The objective function of this problem is to schedule the tasks 
on resources and manage their executions so that execution 
time for the task will decrease and resources also utilized 
properly. Basically, task scheduling is quite complex and 
important aspect. In this work we extend the heterogeneous 
earliest finish time [5] methodology by introducing the divide 
and conquer approach in it. Google Compute Engine used the 
Cron tool for scheduling the tasks [6]. The major contribution 
of this paper summarized as follows. 

1) We modify the ranking algorithm which will assign the 
ranks to the incoming Cloud requests. 

2) Divide and Conquer methodology has been added into 
heterogeneous earliest finish time for scheduling. 

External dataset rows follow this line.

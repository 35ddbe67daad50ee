-- ===== src/Eep/Fresh.antt =====
-- The bank of src/flash_eep.c with no current sector: how it is set up and erased.
use b80_key.Prelude.{ℕ, ◌+◌, ◌*◌, ◌/◌, ◌≤◌, ◌<◌, ◌≡◌, ◌≢◌, ◌⊎◌, ◌∙◌, refl, ap, inl, inr}
use b80_key.Prelude.{
  List, [], ◌∷◌, true, false, ◌&&◌, arith, ltb, leb, ◌==◌, ==_iff, if◌then◌else◌, tests, Bool-cases,
  bit_and,
}
use b80_key.Prelude.{bit_and-zero}
use b80_key.Flash.{Mem, Flash, sector_size}
use b80_key.Eep.{max_fobj_size, head_sector, eep_base, eep_banks_size, find_sector, get_addr_bscfg}
use b80_key.Eep.Log.{log_end}
use b80_key.Eep.Search.{read_head_lem}
use b80_key.Eep.Config.{flash_write_cfg, flash_read_cfg, erase_from, flash_erase_all_cfg}
use b80_key.Eep.Holds.{Holds, get_addr_bscfg-Holds}

-- No sector of the bank is marked as the current one.
abbrev pub NoSector : Mem → Type 0
NoSector m = (m 0xC000 + 256 * m 0xC001 ≢ head_sector) × (m 0xD000 + 256 * m 0xD001 ≢ head_sector)

abbrev pub fresh : Flash → Mem → Mem
fresh d m = d.write_page (d.erase_sector m eep_base) (eep_base + 1) (0 ∷ [])

fresh-outside : (d : Flash) (m : Mem) (x : ℕ) → x < 0xC000 ⊎ (0xD000 ≤ x) → fresh d m x ≡ m x
fresh-outside d m x out =
    d.write_outside (d.erase_sector m eep_base) (eep_base + 1) (0 ∷ []) x
      (elim out [ inl q ↦ inl (omega arith) | inr q ↦ inr (omega arith) ])
    ∙ d.erase_outside m eep_base x (omega (arith, out))

fresh-erased :
    (d : Flash) (m : Mem) (x : ℕ) → 0xC000 ≤ x → x < 0xD000 → x ≢ 0xC001 → fresh d m x ≡ 255
fresh-erased d m x p q ne =
    d.write_outside (d.erase_sector m eep_base) (eep_base + 1) (0 ∷ []) x
      (beside (Bool-cases (ltb x (eep_base + 1))))
    ∙ d.erase_inside m eep_base x (omega arith)
  where
    beside :
        (ltb x (eep_base + 1) ≡ true) ⊎ (ltb x (eep_base + 1) ≡ false)
        → (x < eep_base + 1) ⊎ (eep_base + 2 ≤ x)
    beside (inl e) = inl (omega (tests, e))
    beside (inr e) = inr (ground (arith, e, ne))

pub fresh-Holds : (d : Flash) (m : Mem) → NoSector m → Holds (fresh d m) eep_base []
unfolding log_end
fresh-Holds d m none_there =
    let second : m 0xD000 + 256 * m 0xD001 ≢ head_sector = none_there.1 in
    let out0 = fresh-outside d m 0xD000 (inr (omega arith)) in
    let out1 = fresh-outside d m 0xD001 (inr (omega arith)) in
    let erased = d.erase_inside m eep_base 0xC001 (omega arith) in
    record {
      sector = inl refl;
      mark_id = fresh-erased d m 0xC000 (omega arith) (omega arith) (omega arith);
      mark_size =
          d.write_inside (d.erase_sector m eep_base) (eep_base + 1) (0 ∷ []) 0 (omega arith)
          ∙ ap (λ b. bit_and b 0) erased
          ∙ bit_and-zero 255 (omega arith);
      other = λ e. second (omega (arith, out0, out1, e));
      has_log = record {
        entries = tt;
        stored = tt;
        room = omega arith;
        erased = λ x p q. fresh-erased d m x (omega arith) (omega arith) (omega arith);
      };
    }

module _ (d : Flash) (m : Mem) (none_there : NoSector m) where
  get_addr_bscfg-fresh : get_addr_bscfg d m ≡ (eep_base, fresh d m)
  unfolding get_addr_bscfg find_sector
  get_addr_bscfg-fresh =
      let first : m 0xC000 + 256 * m 0xC001 ≢ head_sector = none_there.0 in
      let second : m 0xD000 + 256 * m 0xD001 ≢ head_sector = none_there.1 in
      rw (read_head_lem d m 0xC000, read_head_lem d m 0xD000) (ground (arith, first, second))

  -- With no current sector, the search erases the first one and marks it; it is then the current
  -- one, with an empty log.
  pub get_addr_bscfg-NoSector : let (s, m') = get_addr_bscfg d m in (s ≡ eep_base) × Holds m' s []
  get_addr_bscfg-NoSector = rw get_addr_bscfg-fresh (refl, fresh-Holds d m none_there)

  -- A write then goes to that sector.
  pub flash_write_cfg-NoSector :
      (ptr : List ℕ) (id n : ℕ)
      → n ≤ max_fobj_size
      → flash_write_cfg d m ptr id n ≡ flash_write_cfg d (fresh d m) ptr id n
  unfolding flash_write_cfg
  flash_write_cfg-NoSector ptr id n fits =
      let ok : ltb max_fobj_size n ≡ false = ground arith in
      rw
        (
          ok,
          get_addr_bscfg-fresh,
          get_addr_bscfg-Holds d (fresh d m) eep_base [] (fresh-Holds d m none_there),
        )
        refl

  -- A read finds the empty log of that sector.
  pub flash_read_cfg-NoSector :
      (id maxsize : ℕ)
      → maxsize ≤ max_fobj_size
      → flash_read_cfg d m id maxsize ≡ flash_read_cfg d (fresh d m) id maxsize
  unfolding flash_read_cfg
  flash_read_cfg-NoSector id maxsize fits =
      let ok : leb maxsize max_fobj_size ≡ true = ground arith in
      rw
        (
          ok,
          get_addr_bscfg-fresh,
          get_addr_bscfg-Holds d (fresh d m) eep_base [] (fresh-Holds d m none_there),
        )
        refl

erase_sector_lem :
    (d : Flash) (m : Mem) (a x : ℕ)
    → d.erase_sector m a x ≡ (if x / sector_size == a / sector_size then 255 else m x)
erase_sector_lem d m a x = elim (Bool-cases (x / sector_size == a / sector_size)) [
  | inl e ↦ rw e (d.erase_inside m a x ((==_iff _ _).0 e))
  | inr e ↦ rw e (d.erase_outside m a x (λ same. ground (arith, e, same)))
]

module _ (d : Flash) (m : Mem) where
  -- Erasing all leaves every byte of the bank erased, and the others as they were.
  pub flash_erase_all_cfg_lem :
      (x : ℕ)
      → flash_erase_all_cfg d m x
        ≡ (if leb eep_base x && ltb x (eep_base + eep_banks_size) then 255 else m x)
  unfolding flash_erase_all_cfg erase_from
  flash_erase_all_cfg_lem x =
      rw
        (
          erase_sector_lem d (d.erase_sector m eep_base) (eep_base + sector_size) x,
          erase_sector_lem d m eep_base x,
        )
        (ground arith)

  pub flash_erase_all_cfg-NoSector : NoSector (flash_erase_all_cfg d m)
  flash_erase_all_cfg-NoSector = (
    rw (flash_erase_all_cfg_lem 0xC000, flash_erase_all_cfg_lem 0xC001) (omega arith),
    rw (flash_erase_all_cfg_lem 0xD000, flash_erase_all_cfg_lem 0xD001) (omega arith),
  )
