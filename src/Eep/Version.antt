-- ===== src/Eep/Version.antt =====
-- The version object of src/flash_eep.c, kept or replaced when the program starts.
use b80_key.Prelude.{ℕ, ◌%◌, ◌<◌, ◌≡◌, ◌⊎◌, refl, inl, inr}
use b80_key.Prelude.{
  List, [], Option, none, some, Bool, true, false, ◌&&◌, not, arith, leb, ◌==◌, Bool-cases, length,
}
use b80_key.Prelude.{take-all}
use b80_key.Flash.{Mem, Flash, sector_size}
use b80_key.Eep.{Obj, eep_base}
use b80_key.Eep.Log.{IsByte, All, log_end}
use b80_key.Eep.Compact.{pack_log}
use b80_key.Eep.Config.{
  Reply, flash_write_cfg, flash_erase_all_cfg, u32_bytes, u32_of, is_supported,
  flash_supported_eep_ver,
}
use b80_key.Eep.Holds.{Holds}
use b80_key.Eep.Repack.{IsPackable}
use b80_key.Eep.Switch.{packed_end}
use b80_key.Eep.Store.{value, answer, Written, flash_read_cfg_lem, flash_write_cfg_lem}
use b80_key.Eep.Fresh.{
  NoSector, fresh, fresh-Holds, flash_write_cfg-NoSector, flash_erase_all_cfg-NoSector,
}

-- Whether the stored version has four bytes, the same hardware version in its low half, and is not
-- older than `min_ver`.
abbrev pub accepts : Option (List ℕ) → ℕ → ℕ → Bool
accepts none min_ver new_ver = false
accepts (some bs) min_ver new_ver =
    length bs == 4 && u32_of bs % 65536 == new_ver % 65536 && leb min_ver (u32_of bs)

abbrev pub is_new : Option (List ℕ) → ℕ → Bool
is_new none new_ver = false
is_new (some bs) new_ver = not (u32_of bs == new_ver)

-- The outcome of some flash_write_cfg that left the memory `m`.
pub record Leaves (log : List Obj) (id : ℕ) (bs : List ℕ) (m : Mem) : Type 0 where
  pub reply : Reply
  pub written : Written log id bs (reply, m)

pub accepts_lem :
    (v : Option (List ℕ)) (min_ver new_ver : ℕ)
    → is_supported (answer v 4).0 (u32_of (answer v 4).1) min_ver new_ver
      ≡ accepts v min_ver new_ver
accepts_lem none min_ver new_ver = refl
accepts_lem (some bs) min_ver new_ver = elim (Bool-cases (length bs == 4)) [
  | inl e ↦ rw (take-all 4 bs (ground (arith, e))) refl
  | inr e ↦ rw e refl
]

is_new_lem :
    (v : Option (List ℕ)) (min_ver new_ver : ℕ)
    → (is_supported (answer v 4).0 (u32_of (answer v 4).1) min_ver new_ver
        && not (u32_of (answer v 4).1 == new_ver))
      ≡ (accepts v min_ver new_ver && is_new v new_ver)
is_new_lem none min_ver new_ver = refl
is_new_lem (some bs) min_ver new_ver = elim (Bool-cases (length bs == 4)) [
  | inl e ↦ rw (take-all 4 bs (ground (arith, e))) refl
  | inr e ↦ rw e refl
]

pub u32_bytes-IsByte : (v : ℕ) → All IsByte (u32_bytes v)
u32_bytes-IsByte v = omega arith

module _ (d : Flash) (m : Mem) (s : ℕ) (log : List Obj) (h : Holds m s log) where
  -- A stored version that is accepted stays with its store, and true is returned if it is another one
  -- than the new version; otherwise the store is erased and false returned. In both cases the new
  -- version is then written to the store.
  pub flash_supported_eep_ver_lem :
      (min_ver new_ver : ℕ)
      → All IsPackable log
      → packed_end log < sector_size
      → let (ok, m') = flash_supported_eep_ver d m min_ver new_ver in
        ((accepts (value 0 log) min_ver new_ver ≡ true)
          × (ok ≡ is_new (value 0 log) new_ver)
          × Leaves log 0 (u32_bytes new_ver) m')
        ⊎ ((accepts (value 0 log) min_ver new_ver ≡ false)
            × (ok ≡ false)
            × Leaves [] 0 (u32_bytes new_ver) m')
  unfolding flash_supported_eep_ver log_end pack_log
  flash_supported_eep_ver_lem min_ver new_ver pk room =
      let erased = flash_erase_all_cfg d m in
      let gone : NoSector erased = flash_erase_all_cfg-NoSector d m in
      rw
        (
          flash_read_cfg_lem d m s log h 0 4 (omega arith) (omega arith),
          is_new_lem (value 0 log) min_ver new_ver,
          accepts_lem (value 0 log) min_ver new_ver,
        )
        (elim (Bool-cases (accepts (value 0 log) min_ver new_ver)) [
          | inl e ↦ rw e (
              inl (
                refl,
                refl,
                record {
                  reply = (flash_write_cfg d m (u32_bytes new_ver) 0 4).0;
                  written =
                      flash_write_cfg_lem d m s log h (u32_bytes new_ver) 0 4 pk room (omega arith)
                        (omega arith) (omega arith) (u32_bytes-IsByte new_ver);
                },
              ))
          | inr e ↦ rw e (
              inr (
                refl,
                refl,
                record {
                  reply = (flash_write_cfg d erased (u32_bytes new_ver) 0 4).0;
                  written =
                      rw
                        (flash_write_cfg-NoSector d erased gone (u32_bytes new_ver) 0 4
                          (omega arith))
                        (flash_write_cfg_lem d (fresh d erased) eep_base []
                          (fresh-Holds d erased gone) (u32_bytes new_ver) 0 4 tt (omega arith)
                          (omega arith) (omega arith) (omega arith) (u32_bytes-IsByte new_ver));
                },
              ))
        ])
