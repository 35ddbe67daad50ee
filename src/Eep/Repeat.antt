-- ===== src/Eep/Repeat.antt =====
-- What the assignment in check_flag_eep_id of src/flash_eep.c does to packing.
use b80_key.Prelude.{ℕ, zero, suc, ◌/◌, ◌%◌, ◌^◌, ◌≤◌, ◌<◌, ◌≡◌, ◌≢◌, refl}
use b80_key.Prelude.{
  List, [], ◌∷◌, some, true, false, ◌&&◌, ◌||◌, arith, ltb, leb, ◌==◌, length, bit_and, bit_or,
}
use b80_key.Prelude.{every_below, every_below_lem, zero-bit_and}
use b80_key.Eep.{Obj, max_fobj_size}
use b80_key.Eep.Log.{latest}
use b80_key.Eep.Pack.{Flags, no_flags, set_flag_eep_id, check_flag_eep_id}
use b80_key.Eep.Compact.{pack_log, pack_entry, emit_latest}

-- `n` rounds of writing one object and then another, each time the same bytes.
abbrev pub rounds : ℕ → Obj → Obj → List Obj
rounds zero x y = []
rounds (suc n) x y = x ∷ y ∷ rounds n x y

abbrev pub item : ℕ → ℕ → List ℕ → Obj
item id b bs = record { id = id; size = suc (length bs); bytes = b ∷ bs }

bit_table :
    every_below 8 (λ k.
      bit_or 0 (2 ^ k) == 2 ^ k && every_below 8 (λ j. j == k || bit_and (2 ^ j) (2 ^ k) == 0))
    ≡ true
unfolding every_below
bit_table = refl

bit_or-bit : (k : ℕ) → k < 8 → bit_or 0 (2 ^ k) ≡ 2 ^ k
bit_or-bit k p = ground (
  arith,
  every_below_lem 8
      (λ k.
        bit_or 0 (2 ^ k) == 2 ^ k && every_below 8 (λ j. j == k || bit_and (2 ^ j) (2 ^ k) == 0))
      k bit_table p,
)

bit_and-bits : (j k : ℕ) → j < 8 → k < 8 → j ≢ k → bit_and (2 ^ j) (2 ^ k) ≡ 0
bit_and-bits j k q p ne =
    let row : every_below 8 (λ j. j == k || bit_and (2 ^ j) (2 ^ k) == 0) ≡ true = ground (
      arith,
      every_below_lem 8
          (λ k.
            bit_or 0 (2 ^ k) == 2 ^ k
            && every_below 8 (λ j. j == k || bit_and (2 ^ j) (2 ^ k) == 0))
          k bit_table p,
    ) in
    ground (arith, ne, every_below_lem 8 (λ j. j == k || bit_and (2 ^ j) (2 ^ k) == 0) j row q)

-- An object whose flag is not set is copied, and its flag is then the only one of its byte.
pack_entry-unset :
    (f : Flags) (id b : ℕ) (bs : List ℕ) (rest : List Obj)
    → id < 255
    → suc (length bs) ≤ max_fobj_size
    → bit_and (f (id / 8)) (2 ^ (id % 8)) ≡ 0
    → latest id rest (some (b ∷ bs)) ≡ some (b ∷ bs)
    → let (f', out) = pack_entry f (item id b bs) rest in
      (out ≡ item id b bs ∷ []) × (f' (id / 8) ≡ 2 ^ (id % 8))
unfolding pack_entry latest check_flag_eep_id emit_latest set_flag_eep_id
pack_entry-unset f id b bs rest small fits unset last =
    let low : (id == 255) ≡ false = ground arith in
    let short : ltb max_fobj_size (suc (length bs)) ≡ false = ground arith in
    let short' : leb (suc (length bs)) max_fobj_size ≡ true = ground arith in
    let own : (id == id) ≡ true = ground arith in
    let own_byte : (id / 8 == id / 8) ≡ true = ground arith in
    let some_size : (suc (length bs) == 0) ≡ false = ground arith in
    rw (some_size, low, short, own_byte, unset, short', own, last)
      (refl, rw own_byte (bit_or-bit (id % 8) (omega arith)))

module _ (i a j b : ℕ) (xs ys : List ℕ) (fits_x : suc (length xs) ≤ max_fobj_size)
    (fits_y : suc (length ys) ≤ max_fobj_size) where
  module _ (ne : i ≢ j) where
    latest-rounds_first :
        (n : ℕ) → latest i (rounds n (item i a xs) (item j b ys)) (some (a ∷ xs)) ≡ some (a ∷ xs)
    unfolding latest
    latest-rounds_first zero = refl
    latest-rounds_first (suc n) =
        let other : (j == i) ≡ false = ground (arith, ne) in
        let own : (i == i) ≡ true = ground arith in
        let short : leb (suc (length xs)) max_fobj_size ≡ true = ground arith in
        let short' : leb (suc (length ys)) max_fobj_size ≡ true = ground arith in
        rw (latest, other, own, short, short') (latest-rounds_first n)

    latest-rounds_second :
        (n : ℕ) → latest j (rounds n (item i a xs) (item j b ys)) (some (b ∷ ys)) ≡ some (b ∷ ys)
    unfolding latest
    latest-rounds_second zero = refl
    latest-rounds_second (suc n) =
        let other : (i == j) ≡ false = ground (arith, ne) in
        let own : (j == j) ≡ true = ground arith in
        let short : leb (suc (length xs)) max_fobj_size ≡ true = ground arith in
        let short' : leb (suc (length ys)) max_fobj_size ≡ true = ground arith in
        rw (latest, other, own, short, short') (latest-rounds_second n)

    module _ (small_i : i < 255) (small_j : j < 255) (same_byte : i / 8 ≡ j / 8) where
      pack_log-rounds_from :
          (n : ℕ) (f : Flags)
          → bit_and (f (i / 8)) (2 ^ (i % 8)) ≡ 0
          → pack_log f (rounds n (item i a xs) (item j b ys)) ≡ rounds n (item i a xs) (item j b ys)
      unfolding pack_log latest
      pack_log-rounds_from zero f unset = refl
      pack_log-rounds_from (suc n) f unset =
          let bits : i % 8 ≢ j % 8 = omega arith in
          let more = rounds n (item i a xs) (item j b ys) in
          let first =
            pack_entry-unset f i a xs (item j b ys ∷ more) small_i fits_x unset (skip n) in
          let f1 = (pack_entry f (item i a xs) (item j b ys ∷ more)).0 in
          let unset' : bit_and (f1 (j / 8)) (2 ^ (j % 8)) ≡ 0 =
            rw (← same_byte, first.1)
              (bit_and-bits (i % 8) (j % 8) (omega arith) (omega arith) bits) in
          let second =
            pack_entry-unset f1 j b ys more small_j fits_y unset' (latest-rounds_second n) in
          let f2 = (pack_entry f1 (item j b ys) more).0 in
          let unset'' : bit_and (f2 (i / 8)) (2 ^ (i % 8)) ≡ 0 =
            rw (same_byte, second.1)
              (bit_and-bits (j % 8) (i % 8) (omega arith) (omega arith) (omega arith)) in
          rw (first.0, second.0, pack_log-rounds_from n f2 unset'') refl
        where
          skip :
              (n : ℕ)
              → latest i (item j b ys ∷ rounds n (item i a xs) (item j b ys)) (some (a ∷ xs))
                ≡ some (a ∷ xs)
          skip n =
              let other : (j == i) ≡ false = ground (arith, ne) in
              let short' : leb (suc (length ys)) max_fobj_size ≡ true = ground arith in
              rw (latest, short', other) (latest-rounds_first n)

-- Two objects whose flags lie in one byte, written alternately, are not compacted: each check clears
-- the flag of the other object, so that packing copies every record.
pub pack_log-rounds :
    (i a j b : ℕ) (xs ys : List ℕ) (n : ℕ)
    → suc (length xs) ≤ max_fobj_size
    → suc (length ys) ≤ max_fobj_size
    → i < 255
    → j < 255
    → i ≢ j
    → i / 8 ≡ j / 8
    → pack_log no_flags (rounds n (item i a xs) (item j b ys))
      ≡ rounds n (item i a xs) (item j b ys)
pack_log-rounds i a j b xs ys n fits_x fits_y small_i small_j ne same_byte =
    pack_log-rounds_from i a j b xs ys fits_x fits_y ne small_i small_j same_byte n no_flags
      (zero-bit_and _)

3) The experimental performance of the proposed solution 
using Cloud Simulator. 

The remainder of this paper is organized as follows. The 
section II will brief about the state-of-the- art in the Cloud 
Computing. The task-scheduling problem is described in 
section III. The section IV explains the divide and conquers 
approach for heterogeneous earliest finish time. The section V 
illustrates the experimental setup of the proposed DCHEFT in 
addition with this its gives performance evaluation with 
existing algorithms. Finally, the section VI concludes the 
paper. 

II. Literature Survey 

This section will brief about the state-of-the-art in the 
various algorithms used to solve task scheduling issues in the 
Cloud Computing. 

Liu et al. have been designed a model for a programming, 
which utilized the large scale data intensive batch applications 
[7]. It can specify the data partitioning and the computation 
task distribution, while the complexity of parallel programming 
is hidden. Fallenbeck et al. present a dynamic approach to 
create virtual clusters to deal with the conflict between parallel 
and serial jobs [8]. In this approach, the job load is adjusted 
automatically without running time prediction.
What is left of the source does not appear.